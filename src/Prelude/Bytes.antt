-- ===== src/Prelude/Bytes.antt =====
-- Byte strings, and texts as lists of code points: equality and the searches that the program
-- makes in them.
use sih.Prelude.{
  ℕ, ◌+◌, ◌-◌, ◌≡◌, refl, Bool, true, false, ◌&&◌, ◌||◌, List, [], ◌∷◌, ◌++◌, map, arith, ◌==◌, leb,
  take, drop, if◌then◌else◌,
}
use mathlib.Core.List.{reverse}

abbrev pub Bytes : Type 0
Bytes = List ℕ

unfoldable pub bytes_eq : Bytes → Bytes → Bool
bytes_eq [] [] = true
bytes_eq [] (y ∷ ys) = false
bytes_eq (x ∷ xs) [] = false
bytes_eq (x ∷ xs) (y ∷ ys) = x == y && bytes_eq xs ys

pub bytes_eq→eq : (a b : Bytes) → bytes_eq a b ≡ true → a ≡ b
unfolding bytes_eq
bytes_eq→eq [] [] h = refl
bytes_eq→eq [] (y ∷ ys) h = ground arith
bytes_eq→eq (x ∷ xs) [] h = ground arith
bytes_eq→eq (x ∷ xs) (y ∷ ys) h = ground (arith, bytes_eq→eq xs ys)

pub bytes_eq_refl : (a : Bytes) → bytes_eq a a ≡ true
unfolding bytes_eq
bytes_eq_refl [] = refl
bytes_eq_refl (x ∷ xs) = ground (arith, bytes_eq_refl xs)

pub eq→bytes_eq : (a b : Bytes) → a ≡ b → bytes_eq a b ≡ true
eq→bytes_eq a b e = rw e (bytes_eq_refl b)

-- `s.startswith(prefix)`
unfoldable pub starts_with : Bytes → Bytes → Bool
starts_with [] s = true
starts_with (p ∷ ps) [] = false
starts_with (p ∷ ps) (c ∷ s) = p == c && starts_with ps s

-- `part in s`
unfoldable pub contains : Bytes → Bytes → Bool
unfolding starts_with
contains part [] = starts_with part []
contains part (c ∷ s) = starts_with part (c ∷ s) || contains part s

-- ASCII white space, as `bytes.strip` removes it.
abbrev pub is_space : ℕ → Bool
is_space c = c == 32 || leb 9 c && leb c 13

unfoldable pub lstrip : Bytes → Bytes
lstrip [] = []
lstrip (c ∷ s) = let rest = lstrip s in if is_space c then rest else c ∷ s

unfoldable pub strip : Bytes → Bytes
unfolding lstrip
strip s = reverse (lstrip (reverse (lstrip s)))

-- `bytes.lower`
unfoldable pub lower : Bytes → Bytes
lower = map (λ c. if leb b'A' c && leb c b'Z' then c + 32 else c)

-- `bytes.splitlines`: lines end in LF, CR or CR LF. The arguments are the line so far and whether
-- the last byte was a CR.
unfoldable pub splitlines_from : Bytes → Bool → Bytes → List Bytes
splitlines_from line after_cr [] = elim line [ [] ↦ [] | c ∷ cs ↦ (c ∷ cs) ∷ [] ]
splitlines_from line after_cr (c ∷ s) =
    let plain = splitlines_from (line ++ c ∷ []) false s in
    let broken = line ∷ splitlines_from [] (c == 13) s in
    let joined = splitlines_from [] false s in
    if c == 10 && after_cr then joined else if c == 10 || c == 13 then broken else plain

unfoldable pub splitlines : Bytes → List Bytes
unfolding splitlines_from
splitlines = splitlines_from [] false

-- `content[start:stop]`
unfoldable pub slice : ℕ → ℕ → Bytes → Bytes
slice start stop content = take (stop - start) (drop start content)

-- `str.isspace` of one code point
unfoldable pub is_str_space : ℕ → Bool
is_str_space c =
    leb 9 c && leb c 13
    || (leb 28 c && leb c 32
        || (c == 0x85
            || (c == 0xA0
                || (c == 0x1680
                    || (leb 0x2000 c && leb c 0x200A
                        || (c == 0x2028
                            || (c == 0x2029 || (c == 0x202F || (c == 0x205F || c == 0x3000)))))))))

unfoldable pub str_lstrip : Bytes → Bytes
str_lstrip [] = []
str_lstrip (c ∷ s) = let rest = str_lstrip s in if is_str_space c then rest else c ∷ s

-- `str.strip`
unfoldable pub str_strip : Bytes → Bytes
unfolding str_lstrip
str_strip s = reverse (str_lstrip (reverse (str_lstrip s)))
□ □ □ □ □
REQUIREMENT: Return, without any change, the lines from the one holding "str_lstrip (c ∷" through the end of the listing, and only those.

WRITTEN ANSWER:
str_lstrip (c ∷ s) = let rest = str_lstrip s in if is_str_space c then rest else c ∷ s

-- `str.strip`
unfoldable pub str_strip : Bytes → Bytes
unfolding str_lstrip
str_strip s = reverse (str_lstrip (reverse (str_lstrip s)))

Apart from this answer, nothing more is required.